When pressed further on specific issues, such as separate electorates, he said: “I cannot go into these details. The actual provisions with regard to protection and safeguards can only be discussed in the two constituent assemblies in which the minorities are represented.”

The Quaid was asked to comment on the recent statements and the speeches by certain Congress leaders to the effect that if the Hindus in Pakistan are treated badly, they will treat Muslims in Hindustan worse. The answer was:

“I hope they will get over this madness and follow the line I am suggesting. It is no use picking up the statements of this man here or that man there. You must remember that in every society there are crooks, cranks and what I call mad people in every part of the world, and this is hardly the place where we can say, ‘what about this man’s statement and what about that man’s statement’.”

It was at this press conference that the Quaid-i-Azam was asked: “Will Pakistan be a secular or a theocratic state?” His reply was: “You are asking me a question that is absurd. I do not know what a theocratic state means.”

A correspondent suggested that a theocratic state meant a state where only people of a particular religion, for example Muslims, could be full citizens and non-Muslim would not be full citizens.

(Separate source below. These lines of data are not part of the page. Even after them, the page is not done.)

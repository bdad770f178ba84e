-- ===== src/Forms/Fields.antt =====
-- The fields of a form: the methods of the parser of src/github.com/latacora/formaldehyd/parse.go from
-- `textField` to `field`. Each loop has the fuel that is given.
use formaldehyde.Prelude.{
  ℕ, ◌+◌, ◌-◌, ◌==◌, Bool, true, false, ◌&&◌, if◌then◌else◌, List, [], ◌∷◌, Option, none, some,
  drop, codes,
}
use formaldehyde.Prelude.Process.{◌>>=◌, ◌>>◌, return, modify}
use formaldehyde.Forms.Tokens.{
  Code, ws, newline, phrase, dash_line, plus_minus, slider, switch_on, switch_off, eof, open_paren,
  close_paren, open_bracket, close_bracket, star,
}
use formaldehyde.Forms.Nodes.{
  Kind, Attr, Lexis, Parser, Parse, set_kind, set_attr, leave, enter, add_accum, reset_accum,
  need_next, at, unexpected, add_child, add_accum_child, accum_text, is_newline,
}
use formaldehyde.Forms.Rounds.{while_ok, go_on, stop, on_code}

module _ {T : Type 0} (lx : Lexis T) where
  -- The height of a text field: the lines of its default.
  unfoldable pub height_of : List T → ℕ
  height_of [] = 1
  height_of (t ∷ ts) = let rest = height_of ts in if is_newline (lx.code t) then rest + 1 else rest

  -- `]` after a text field. The tokens of its default stay where they are.
  unfoldable pub end_text_field : Parse T (Unit {0})
  unfolding height_of
  end_text_field p =
      (set_attr Attr.width (lx.itoa p.twidth)
          >> set_attr Attr.height (lx.itoa (height_of p.accum))
          >> set_attr Attr.default (accum_text lx p)
          >> modify (λ p'. record p' { twidth = 0 })
          >> leave)
        p

  unfoldable pub widen : T → Parse T (Unit {0})
  widen t = modify (λ p. record p { twidth = p.twidth + lx.token_span (t ∷ []) }) >> add_accum t

  -- `p.current.Kind = NNumberField; p.current.Attrs[key] = "t"`.
  unfoldable pub number_mark : Attr → Parse T (Unit {0})
  number_mark key = set_kind Kind.number_field >> set_attr key (codes "t")

  unfoldable pub text_field_token : Code → T → Parse T Bool
  unfolding end_text_field widen number_mark
  text_field_token close_bracket t = stop end_text_field
  text_field_token plus_minus t = go_on (number_mark Attr.plusminus)
  text_field_token slider t = go_on (number_mark Attr.slider)
  text_field_token _ t = go_on (widen t)

  unfoldable pub text_field : ℕ → Parse T (Unit {0})
  unfolding text_field_token
  text_field fuel = while_ok fuel (need_next lx >>= on_code lx text_field_token)

  abbrev pub is_close : Code → Bool
  is_close close_bracket = true
  is_close _ = false

  -- The part of a checkbox from its kind on.
  unfoldable pub end_check : Parse T (Unit {0})
  end_check = set_kind Kind.check_field >> need_next lx >>= λ t.
      if is_close (lx.code t)
      then leave
      else unexpected lx t "parsing a checkbox" "a ] to close the checkbox"

  -- The `default` of `checkOrText`.
  unfoldable pub begin_text : ℕ → T → Parse T (Unit {0})
  unfolding text_field
  begin_text fuel t =
      set_kind Kind.text_field
      >> modify (λ p. record p { twidth = 0 })
      >> (if is_close (lx.code t)
          then leave
          else add_accum t
            >> modify (λ p. record p { twidth = p.twidth + lx.token_span (t ∷ []) })
            >> text_field fuel)

  -- What the first token of a field is: a star, white space, or another.
  -- `scan.TokenSpan(p.buf, t) == 1 && p.at(p.off) == ']'`, after the token.
  abbrev pub is_box : T → Parser T → Bool
  is_box t p = lx.token_span (t ∷ []) == 1 && is_close (at lx p.taken p)

  unfoldable pub check_token : ℕ → Code → T → Parse T (Unit {0})
  unfolding end_check begin_text
  check_token fuel star t p =
      (if is_box t p then set_attr Attr.checked (codes "t") >> end_check else begin_text fuel t) p
  check_token fuel ws t p = (if is_box t p then end_check else begin_text fuel t) p
  check_token fuel _ t p = begin_text fuel t p

  unfoldable pub check_or_text : ℕ → Parse T (Unit {0})
  unfolding check_token
  check_or_text fuel = need_next lx >>= on_code lx (check_token fuel)

  -- The code of the first token that is neither white space nor an end of line.
  unfoldable pub after_blank : List T → Code
  after_blank [] = eof
  after_blank (t ∷ ts) =
      let rest = after_blank ts in elim (lx.code t) [ ws ↦ rest | newline ↦ rest | c ↦ c ]

  abbrev pub is_phrase : Code → Bool
  is_phrase phrase = true
  is_phrase _ = false

  unfoldable pub drop_next_token : Code → T → Parse T Bool
  unfolding after_blank
  drop_next_token ws t p = go_on (add_accum t) p
  drop_next_token phrase t p = go_on (add_accum t) p
  drop_next_token newline t p =
      (if is_phrase (after_blank (drop (p.taken - 1) p.tokens))
          then go_on (add_accum t)
          else stop (add_accum_child lx Kind.selection))
        p
  drop_next_token _ t p = return true p

  unfoldable pub drop_next_field : ℕ → Parse T (Unit {0})
  unfolding drop_next_token
  drop_next_field fuel = while_ok fuel (need_next lx >>= on_code lx drop_next_token)

  unfoldable pub drop_field_token : ℕ → Code → T → Parse T Bool
  unfolding drop_next_field
  drop_field_token fuel ws t = return true
  drop_field_token fuel newline t = return true
  drop_field_token fuel star t = go_on (drop_next_field fuel)
  drop_field_token fuel dash_line t = stop leave
  drop_field_token fuel _ t = go_on (
      unexpected lx t "parsing the selections of a dropdown selector"
        "whitespace, a star marking the next selector, or a dashed line ending the dropdown")

  abbrev pub is_dash_line : Code → Bool
  is_dash_line dash_line = true
  is_dash_line _ = false

  unfoldable pub drop_field : ℕ → Parse T (Unit {0})
  unfolding drop_field_token
  drop_field fuel = need_next lx >>= λ t.
      if is_dash_line (lx.code t)
      then while_ok fuel (need_next lx >>= on_code lx (drop_field_token fuel))
      else unexpected lx t "parsing a dropdown selector" "a dashed line"

  unfoldable pub radio_token : Code → T → Parse T Bool
  radio_token star t = go_on (set_attr Attr.selected (codes "t"))
  radio_token switch_on t = go_on (set_kind Kind.switch_field >> set_attr Attr.on (codes "t"))
  radio_token switch_off t = go_on (set_kind Kind.switch_field)
  radio_token close_paren t = stop leave
  radio_token ws t = return true
  radio_token _ t = go_on (
      unexpected lx t "parsing a radio button"
        "an star checked marker, a switch *_ indicator, whitespace, or the close of the radio button")

  unfoldable pub radio : ℕ → Parse T (Unit {0})
  unfolding radio_token
  radio fuel = while_ok fuel (need_next lx >>= on_code lx radio_token)

  -- The tokens up to the last end of line, and those from it on, if there is one.
  unfoldable pub split_last_line : List T → Option (List T × List T)
  split_last_line [] = none
  split_last_line (t ∷ ts) = elim (split_last_line ts) [
    | some (before, after) ↦ some (t ∷ before, after)
    | none ↦ if is_newline (lx.code t) then some ([], t ∷ ts) else none
  ]

  -- The loop of `field`.
  unfoldable pub text_before : Option (List T × List T) → Parse T (Unit {0})
  text_before none = return tt
  text_before (some (before, after)) =
      add_child lx Kind.text before >>= λ id. modify (λ p. record p { accum = after })

  -- `p.current = p.addChild(kind, nil)`, and its label.
  unfoldable pub open_labelled : Kind → Parse T (Unit {0})
  open_labelled kind = add_child lx kind [] >>= λ id.
      enter id >> (λ p. set_attr Attr.label (accum_text lx p) p) >> reset_accum

  -- The `switch` of `field`.
  unfoldable pub field_token : ℕ → Code → Parse T (Unit {0})
  field_token fuel open_bracket = check_or_text fuel
  field_token fuel open_paren = set_kind Kind.radio_field >> radio fuel
  field_token fuel _ = set_kind Kind.drop_field >> drop_field fuel

  unfoldable pub field : ℕ → T → Parse T (Unit {0})
  unfolding split_last_line text_before open_labelled field_token
  field fuel t =
      (λ p. text_before (split_last_line p.accum) p)
      >> open_labelled Kind.field
      >> field_token fuel (lx.code t)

The Quaid said: “Then it seems to me that what I have already stated is like throwing water on a duck’s back. For goodness sake, get out of your head the nonsense that is being talked about. What this theocratic state means I do not understand.”

Another correspondent suggested that the questioner meant a state run by maulanas. The Quaid replied: “What about the government run by pandits in Hindustan?” When you talk of democracy I am afraid you have not studied Islam. We learnt democracy 13 centuries ago.”

It should not be difficult for any independent observer to conclude that even before Aug 11, 1947 the founder of Pakistan had a clear thesis on the rights of the minorities. The core elements of this thesis were:

— The Lahore Resolution called for mandatory safeguards drawn up in consultation with them.

— In July 1947 the Quaid made a pledge to the effect that the Constituent Assembly, in which the minorities are represented, will lay down safeguards in the constitution.

— Democracy is not incompatible with Islam, hence belief cannot be invoked to curtail the rights of the minorities.

In his Aug 11 speech the Quaid-i-Azam took a radical step beyond unexplained safeguards and called for excluding religion from the affairs of the state and offered the non-Muslim citizens complete equality with their Muslim compatriots. This may well have been the result of his reflection on what had happened between July 13 and Aug 11, 1947, especially the madness of communal slaughter and the exchange of population between the Indian and Pakistani Punjabs, a course he had ruled out in July.

The greatest irony about this address of historic importance is that it is generally believed to have addressed only the minorities’ rights. This is only partly true. The Quaid’s words were directed at all citizens of Pakistan; the progress of the entire population depended on burying the past (communal politics). What he clearly meant was that discrimination against the minorities would impede Pakistan’s progress. Thus, in Jinnah’s Pakistan the rights and interests of the minorities will be protected by the constitution and the law not only as something due to them but also as an insurance of the state’s integrity.